Look through the records that follow. Copy every line containing the word "those".

[Records drawn from a dataset]
——

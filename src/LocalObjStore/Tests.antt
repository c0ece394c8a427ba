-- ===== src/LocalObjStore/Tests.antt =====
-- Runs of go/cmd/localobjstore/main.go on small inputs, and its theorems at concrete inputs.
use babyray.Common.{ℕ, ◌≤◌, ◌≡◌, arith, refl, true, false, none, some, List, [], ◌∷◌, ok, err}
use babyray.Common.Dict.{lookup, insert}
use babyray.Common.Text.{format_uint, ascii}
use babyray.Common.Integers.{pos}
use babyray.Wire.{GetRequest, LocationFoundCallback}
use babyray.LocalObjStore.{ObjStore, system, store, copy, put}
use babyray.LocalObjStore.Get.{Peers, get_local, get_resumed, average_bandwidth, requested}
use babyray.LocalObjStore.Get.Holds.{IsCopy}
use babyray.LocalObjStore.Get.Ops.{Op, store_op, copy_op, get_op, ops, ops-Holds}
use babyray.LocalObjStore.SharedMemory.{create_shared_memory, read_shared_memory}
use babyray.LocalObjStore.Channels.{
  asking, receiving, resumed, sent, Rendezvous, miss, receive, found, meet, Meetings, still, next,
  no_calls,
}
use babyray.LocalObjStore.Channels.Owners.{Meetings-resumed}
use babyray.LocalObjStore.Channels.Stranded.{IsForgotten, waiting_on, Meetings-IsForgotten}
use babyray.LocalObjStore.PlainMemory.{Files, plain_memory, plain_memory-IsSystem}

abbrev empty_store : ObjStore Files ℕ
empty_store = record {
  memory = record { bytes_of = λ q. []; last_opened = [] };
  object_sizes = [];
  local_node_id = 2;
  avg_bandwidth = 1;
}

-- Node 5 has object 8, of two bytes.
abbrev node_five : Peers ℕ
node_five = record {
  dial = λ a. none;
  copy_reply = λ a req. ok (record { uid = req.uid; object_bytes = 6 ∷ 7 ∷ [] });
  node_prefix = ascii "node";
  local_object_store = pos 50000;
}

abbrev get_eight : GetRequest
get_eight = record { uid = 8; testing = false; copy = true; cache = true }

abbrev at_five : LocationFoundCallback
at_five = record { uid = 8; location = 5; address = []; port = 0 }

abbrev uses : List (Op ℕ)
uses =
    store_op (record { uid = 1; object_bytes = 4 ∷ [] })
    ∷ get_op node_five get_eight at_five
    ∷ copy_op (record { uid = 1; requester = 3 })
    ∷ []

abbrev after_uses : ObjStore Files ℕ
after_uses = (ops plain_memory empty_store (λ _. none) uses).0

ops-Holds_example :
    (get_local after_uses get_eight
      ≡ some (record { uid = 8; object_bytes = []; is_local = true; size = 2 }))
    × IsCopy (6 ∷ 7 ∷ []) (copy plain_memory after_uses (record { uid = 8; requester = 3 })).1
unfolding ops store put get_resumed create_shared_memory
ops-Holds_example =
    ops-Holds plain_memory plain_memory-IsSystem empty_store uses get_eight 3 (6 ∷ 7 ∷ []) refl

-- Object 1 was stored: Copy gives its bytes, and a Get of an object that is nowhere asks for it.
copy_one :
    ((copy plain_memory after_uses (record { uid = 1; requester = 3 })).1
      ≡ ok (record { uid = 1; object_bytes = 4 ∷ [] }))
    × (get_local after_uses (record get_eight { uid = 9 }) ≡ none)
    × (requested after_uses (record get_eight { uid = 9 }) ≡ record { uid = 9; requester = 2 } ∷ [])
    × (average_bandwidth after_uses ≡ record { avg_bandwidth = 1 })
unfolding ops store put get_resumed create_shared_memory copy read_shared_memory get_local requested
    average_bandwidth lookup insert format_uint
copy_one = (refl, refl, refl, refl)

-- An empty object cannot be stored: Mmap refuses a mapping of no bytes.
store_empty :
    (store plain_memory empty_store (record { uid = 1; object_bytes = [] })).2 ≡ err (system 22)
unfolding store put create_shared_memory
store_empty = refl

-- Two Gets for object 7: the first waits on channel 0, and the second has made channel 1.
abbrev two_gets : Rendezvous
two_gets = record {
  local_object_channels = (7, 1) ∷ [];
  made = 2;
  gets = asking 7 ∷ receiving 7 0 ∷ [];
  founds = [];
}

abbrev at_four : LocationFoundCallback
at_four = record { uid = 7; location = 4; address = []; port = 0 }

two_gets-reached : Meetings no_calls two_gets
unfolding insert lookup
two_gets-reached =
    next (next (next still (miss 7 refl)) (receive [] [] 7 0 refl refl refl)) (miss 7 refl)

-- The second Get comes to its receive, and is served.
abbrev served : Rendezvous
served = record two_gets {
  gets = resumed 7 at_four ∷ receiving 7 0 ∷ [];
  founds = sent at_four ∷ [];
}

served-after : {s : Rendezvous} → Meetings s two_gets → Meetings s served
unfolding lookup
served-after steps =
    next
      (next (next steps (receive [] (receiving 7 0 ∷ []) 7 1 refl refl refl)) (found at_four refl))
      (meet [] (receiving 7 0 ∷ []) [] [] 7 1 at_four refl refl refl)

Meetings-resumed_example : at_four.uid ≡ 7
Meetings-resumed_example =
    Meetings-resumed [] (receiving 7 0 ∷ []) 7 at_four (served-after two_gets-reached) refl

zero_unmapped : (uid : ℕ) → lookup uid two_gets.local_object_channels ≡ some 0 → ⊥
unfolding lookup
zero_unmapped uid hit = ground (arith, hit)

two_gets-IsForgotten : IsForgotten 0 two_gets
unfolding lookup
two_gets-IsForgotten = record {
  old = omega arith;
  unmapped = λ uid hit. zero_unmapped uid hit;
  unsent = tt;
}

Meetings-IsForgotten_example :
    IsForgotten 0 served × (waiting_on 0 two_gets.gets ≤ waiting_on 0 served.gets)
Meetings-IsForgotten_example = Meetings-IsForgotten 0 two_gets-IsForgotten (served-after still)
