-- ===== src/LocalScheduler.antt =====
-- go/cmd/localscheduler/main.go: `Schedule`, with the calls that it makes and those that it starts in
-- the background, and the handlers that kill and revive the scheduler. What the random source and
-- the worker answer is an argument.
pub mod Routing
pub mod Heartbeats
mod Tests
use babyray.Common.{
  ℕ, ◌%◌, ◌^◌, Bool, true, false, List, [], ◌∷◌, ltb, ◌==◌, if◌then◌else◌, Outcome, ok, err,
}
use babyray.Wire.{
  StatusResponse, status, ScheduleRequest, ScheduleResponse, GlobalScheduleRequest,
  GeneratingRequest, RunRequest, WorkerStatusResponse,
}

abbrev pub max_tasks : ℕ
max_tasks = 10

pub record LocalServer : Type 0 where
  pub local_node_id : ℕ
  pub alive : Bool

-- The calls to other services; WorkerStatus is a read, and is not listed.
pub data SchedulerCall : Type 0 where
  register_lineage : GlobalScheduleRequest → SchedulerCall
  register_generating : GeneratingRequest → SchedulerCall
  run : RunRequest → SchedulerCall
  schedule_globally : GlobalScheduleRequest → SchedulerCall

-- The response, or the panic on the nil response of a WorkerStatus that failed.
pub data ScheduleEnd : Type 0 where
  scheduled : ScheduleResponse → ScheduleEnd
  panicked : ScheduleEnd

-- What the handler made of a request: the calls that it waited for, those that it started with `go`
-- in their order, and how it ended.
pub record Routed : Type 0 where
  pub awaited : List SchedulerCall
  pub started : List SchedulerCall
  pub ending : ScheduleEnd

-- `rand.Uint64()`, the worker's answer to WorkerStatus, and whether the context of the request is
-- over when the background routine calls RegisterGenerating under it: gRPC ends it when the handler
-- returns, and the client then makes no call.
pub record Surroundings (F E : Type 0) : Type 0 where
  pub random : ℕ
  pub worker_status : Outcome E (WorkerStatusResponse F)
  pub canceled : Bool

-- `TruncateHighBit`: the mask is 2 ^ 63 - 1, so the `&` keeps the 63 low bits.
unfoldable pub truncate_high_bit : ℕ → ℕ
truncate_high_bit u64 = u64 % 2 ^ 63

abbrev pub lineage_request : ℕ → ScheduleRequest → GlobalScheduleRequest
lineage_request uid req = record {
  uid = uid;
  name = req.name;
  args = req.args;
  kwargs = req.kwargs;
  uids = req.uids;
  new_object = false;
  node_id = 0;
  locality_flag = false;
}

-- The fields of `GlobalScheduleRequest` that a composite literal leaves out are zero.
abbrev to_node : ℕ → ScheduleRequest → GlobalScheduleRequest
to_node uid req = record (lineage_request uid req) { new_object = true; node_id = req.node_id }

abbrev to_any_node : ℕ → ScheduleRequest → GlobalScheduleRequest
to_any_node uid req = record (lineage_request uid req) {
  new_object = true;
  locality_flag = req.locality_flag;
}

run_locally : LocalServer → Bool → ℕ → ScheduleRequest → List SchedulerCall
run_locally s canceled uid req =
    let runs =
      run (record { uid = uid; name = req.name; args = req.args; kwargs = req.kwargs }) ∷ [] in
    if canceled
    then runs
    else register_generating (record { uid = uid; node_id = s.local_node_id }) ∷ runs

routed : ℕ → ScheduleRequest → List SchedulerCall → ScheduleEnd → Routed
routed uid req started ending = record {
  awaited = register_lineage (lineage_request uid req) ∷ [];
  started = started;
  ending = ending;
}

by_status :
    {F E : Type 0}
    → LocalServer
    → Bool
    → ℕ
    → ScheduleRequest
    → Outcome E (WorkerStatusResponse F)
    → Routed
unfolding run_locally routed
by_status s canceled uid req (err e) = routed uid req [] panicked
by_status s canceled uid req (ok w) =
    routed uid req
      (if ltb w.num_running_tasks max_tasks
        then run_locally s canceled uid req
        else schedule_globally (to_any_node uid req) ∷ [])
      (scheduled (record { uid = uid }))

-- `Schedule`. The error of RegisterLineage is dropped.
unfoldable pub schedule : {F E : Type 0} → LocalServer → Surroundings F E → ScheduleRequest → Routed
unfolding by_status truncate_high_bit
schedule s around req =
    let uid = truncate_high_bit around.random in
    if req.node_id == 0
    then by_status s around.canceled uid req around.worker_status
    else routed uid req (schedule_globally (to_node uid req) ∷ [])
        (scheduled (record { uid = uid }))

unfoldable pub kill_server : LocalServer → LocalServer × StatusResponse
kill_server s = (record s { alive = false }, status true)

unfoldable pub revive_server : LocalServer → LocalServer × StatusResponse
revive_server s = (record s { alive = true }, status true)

——

§ Task response
-- go/cmd/localscheduler/main.go: `Schedule`, with the calls that it makes and those that it starts in
-- What the handler made of a request: the calls that it waited for, those that it started with `go`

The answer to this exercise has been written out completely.